Die Bewertung der Angebote solle gemäß Punkt 9.1 der AAB nach dem Bestbieterprinzip erfolgen, wobei einerseits der Gesamtpreis gemäß Preisblatt (als Teil des LVZ) und andererseits die Qualität nach Maßgabe der Erfüllung der SOLL-Kriterien im LVZ zu bewerten wäre.

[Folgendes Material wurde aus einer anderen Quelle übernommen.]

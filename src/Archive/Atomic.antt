-- ===== src/Archive/Atomic.antt =====
-- `write_snapshot` of app/archive.py is one transaction.
use eve_api_cache.Base.{ℕ, ◌≡◌, refl, ap, sym, ◌∙◌, true, false, Bool-cases, inl, inr, arith}
use eve_api_cache.Base.Exec.{Error, Result, ok, raise, continue}
use eve_api_cache.Base.Keeps.{Keeps, pure-Keeps}
use eve_api_cache.Allowlist.Endpoints.{ArchiveType, time_series, reference, event, not_archived}
use eve_api_cache.Archive.Tables.{Tables}
use eve_api_cache.Archive.Sessions.{ArchiveEnv, Session, commit, rollback}
use eve_api_cache.Archive.Snapshots.{Snapshot, write_rows, write_snapshot, is_none}
use eve_api_cache.Archive.Untouched.{Both}
use eve_api_cache.Archive.Writes.{
  IsSettled, write_timeseries-Keeps, write_reference-Keeps, write_event-Keeps,
}

module _ (env : ArchiveEnv) where
  open env use {pg, json}

  any_tables-IsSettled : IsSettled env (λ t. Unit)
  any_tables-IsSettled = record {
    apart = record { files = λ t x n h. tt; versions = λ t x h. tt; entries = λ t x h. tt };
    relabelled = λ t id m h. tt;
  }

  write_rows-Keeps :
      (C : Tables pg → Type 0) (p : Snapshot) (now : ℕ) (kind : ArchiveType)
      → Keeps (Both env (λ t. Unit) C) (write_rows env p now kind)
  unfolding write_rows
  write_rows-Keeps C p now time_series =
      write_timeseries-Keeps env (λ t. Unit) C any_tables-IsSettled p now (λ t h. tt) (λ t h. tt)
  write_rows-Keeps C p now reference =
      write_reference-Keeps env (λ t. Unit) C p now (json.loads p.payload) (λ v t h. tt)
  write_rows-Keeps C p now event =
      write_event-Keeps env (λ t. Unit) C p now (json.loads p.payload) (λ v t h. tt)
  write_rows-Keeps C p now not_archived = pure-Keeps tt

  -- Until the commit nothing is committed.
  pub write_rows-committed :
      (p : Snapshot) (now : ℕ) (kind : ArchiveType) (s : Session env)
      → (write_rows env p now kind s).1.committed ≡ s.committed
  write_rows-committed p now kind s =
      ((write_rows-Keeps (λ t. t ≡ s.committed) p now kind).at s (tt, refl)).1

  commit-working : (s : Session env) → (commit env s).1.working ≡ s.working
  unfolding commit
  commit-working s = ground arith

  commit_raised :
      (s : Session env) (e : Error)
      → (commit env s).0 ≡ raise e
      → (commit env s).1.committed ≡ s.committed
  unfolding commit
  commit_raised s e h = ground arith

  commit_returned :
      (s : Session env) → (commit env s).0 ≡ ok tt → (commit env s).1.committed ≡ s.working
  unfolding commit
  commit_returned s h = ground arith

  then_commit-working :
      (r : Result (Unit {0})) (s : Session env)
      → (continue r (λ _. commit env) s).1.working ≡ s.working
  then_commit-working (ok done) s = commit-working s
  then_commit-working (raise e) s = refl

  then_commit_raised :
      (r : Result (Unit {0})) (s : Session env) (e : Error)
      → (continue r (λ _. commit env) s).0 ≡ raise e
      → (continue r (λ _. commit env) s).1.committed ≡ s.committed
  then_commit_raised (ok done) s e h = commit_raised s e h
  then_commit_raised (raise e') s e h = refl

  then_commit_returned :
      (r : Result (Unit {0})) (s : Session env)
      → (continue r (λ _. commit env) s).0 ≡ ok tt
      → (r ≡ ok tt) × ((continue r (λ _. commit env) s).1.committed ≡ s.working)
  then_commit_returned (ok done) s h = (refl, commit_returned s h)
  then_commit_returned (raise e) s h = absurd (ground arith)

  -- What `write_snapshot` does to the open transaction is what its statements do.
  pub write_snapshot-working :
      (p : Snapshot) (now : ℕ) (s : Session env)
      → is_none p.archive_type ≡ false
      → (write_snapshot env p now s).1.working ≡ (write_rows env p now p.archive_type s).1.working
  unfolding write_snapshot
  write_snapshot-working p now s kept = rw kept (
      then_commit-working (write_rows env p now p.archive_type s).0
        (write_rows env p now p.archive_type s).1)

  write_snapshot-kept :
      (p : Snapshot) (now : ℕ) (s : Session env)
      → is_none p.archive_type ≡ false
      → write_snapshot env p now s
        ≡ continue
            (write_rows env p now p.archive_type s).0
            (λ _. commit env)
            (write_rows env p now p.archive_type s).1
  unfolding write_snapshot
  write_snapshot-kept p now s kept = rw kept refl

  write_snapshot-skipped :
      (p : Snapshot) (now : ℕ) (s : Session env)
      → is_none p.archive_type ≡ true
      → write_snapshot env p now s ≡ (ok tt, s)
  unfolding write_snapshot
  write_snapshot-skipped p now s skipped = rw skipped refl

  -- If it returns, its statements did, and their outcome is committed.
  pub write_snapshot_returned :
      (p : Snapshot) (now : ℕ) (s : Session env)
      → is_none p.archive_type ≡ false
      → (write_snapshot env p now s).0 ≡ ok tt
      → ((write_rows env p now p.archive_type s).0 ≡ ok tt)
        × ((write_snapshot env p now s).1.committed
            ≡ (write_rows env p now p.archive_type s).1.working)
  write_snapshot_returned p now s kept h =
      let same = write_snapshot-kept p now s kept in
      let (returned, there) =
        then_commit_returned (write_rows env p now p.archive_type s).0
          (write_rows env p now p.archive_type s).1
          (sym (ap (λ (e : Result (Unit {0}) × Session env). e.0) same) ∙ h) in
      (returned, ap (λ (e : Result (Unit {0}) × Session env). e.1.committed) same ∙ there)

  write_snapshot_raised :
      (p : Snapshot) (now : ℕ) (s : Session env) (e : Error)
      → (write_snapshot env p now s).0 ≡ raise e
      → (write_snapshot env p now s).1.committed ≡ s.committed
  write_snapshot_raised p now s e h = elim (Bool-cases (is_none p.archive_type)) [
    | inl skipped ↦
        ap (λ (e : Result (Unit {0}) × Session env). e.1.committed)
          (write_snapshot-skipped p now s skipped)
    | inr kept ↦
        ap (λ (e : Result (Unit {0}) × Session env). e.1.committed)
          (write_snapshot-kept p now s kept)
        ∙ (then_commit_raised (write_rows env p now p.archive_type s).0
              (write_rows env p now p.archive_type s).1 e
              (sym (
                  ap (λ (e : Result (Unit {0}) × Session env). e.0)
                    (write_snapshot-kept p now s kept))
                ∙ h)
            ∙ write_rows-committed p now p.archive_type s)
  ]

  -- If `write_snapshot` raises, at whichever statement, nothing of it is committed, and a rollback
  -- brings the tables back as they were committed before.
  pub rollback-write_snapshot :
      (p : Snapshot) (now : ℕ) (s : Session env) (e : Error)
      → (write_snapshot env p now s).0 ≡ raise e
      → ((rollback env (write_snapshot env p now s).1).working ≡ s.committed)
        × ((rollback env (write_snapshot env p now s).1).committed ≡ s.committed)
  unfolding rollback
  rollback-write_snapshot p now s e h =
      (write_snapshot_raised p now s e h, write_snapshot_raised p now s e h)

1.4. Die Antragstellerin habe am 04.04.2017 fristgerecht ein ausschreibungskonformes Angebot abgegeben. Neben ihr habe lediglich ein weiterer Bieter rechtzeitig angeboten. Mit Schreiben vom 21.07.2017 sei der Antragstellerin von der Auftraggeberin mitgeteilt worden, dass der Zuschlag an jenen anderen Bieter ergehen solle. Gegen diese Zuschlagsentscheidung habe die Antragstellerin am 31.07.2017 beim BVwG einen auf deren Nichtigerklärung gerichteten Nachprüfungsantrag eingebracht. Das diesbezügliche Nachprüfungsverfahren sei vom BVwG unter der Geschäftszahl W267 2165989-2 geführt worden.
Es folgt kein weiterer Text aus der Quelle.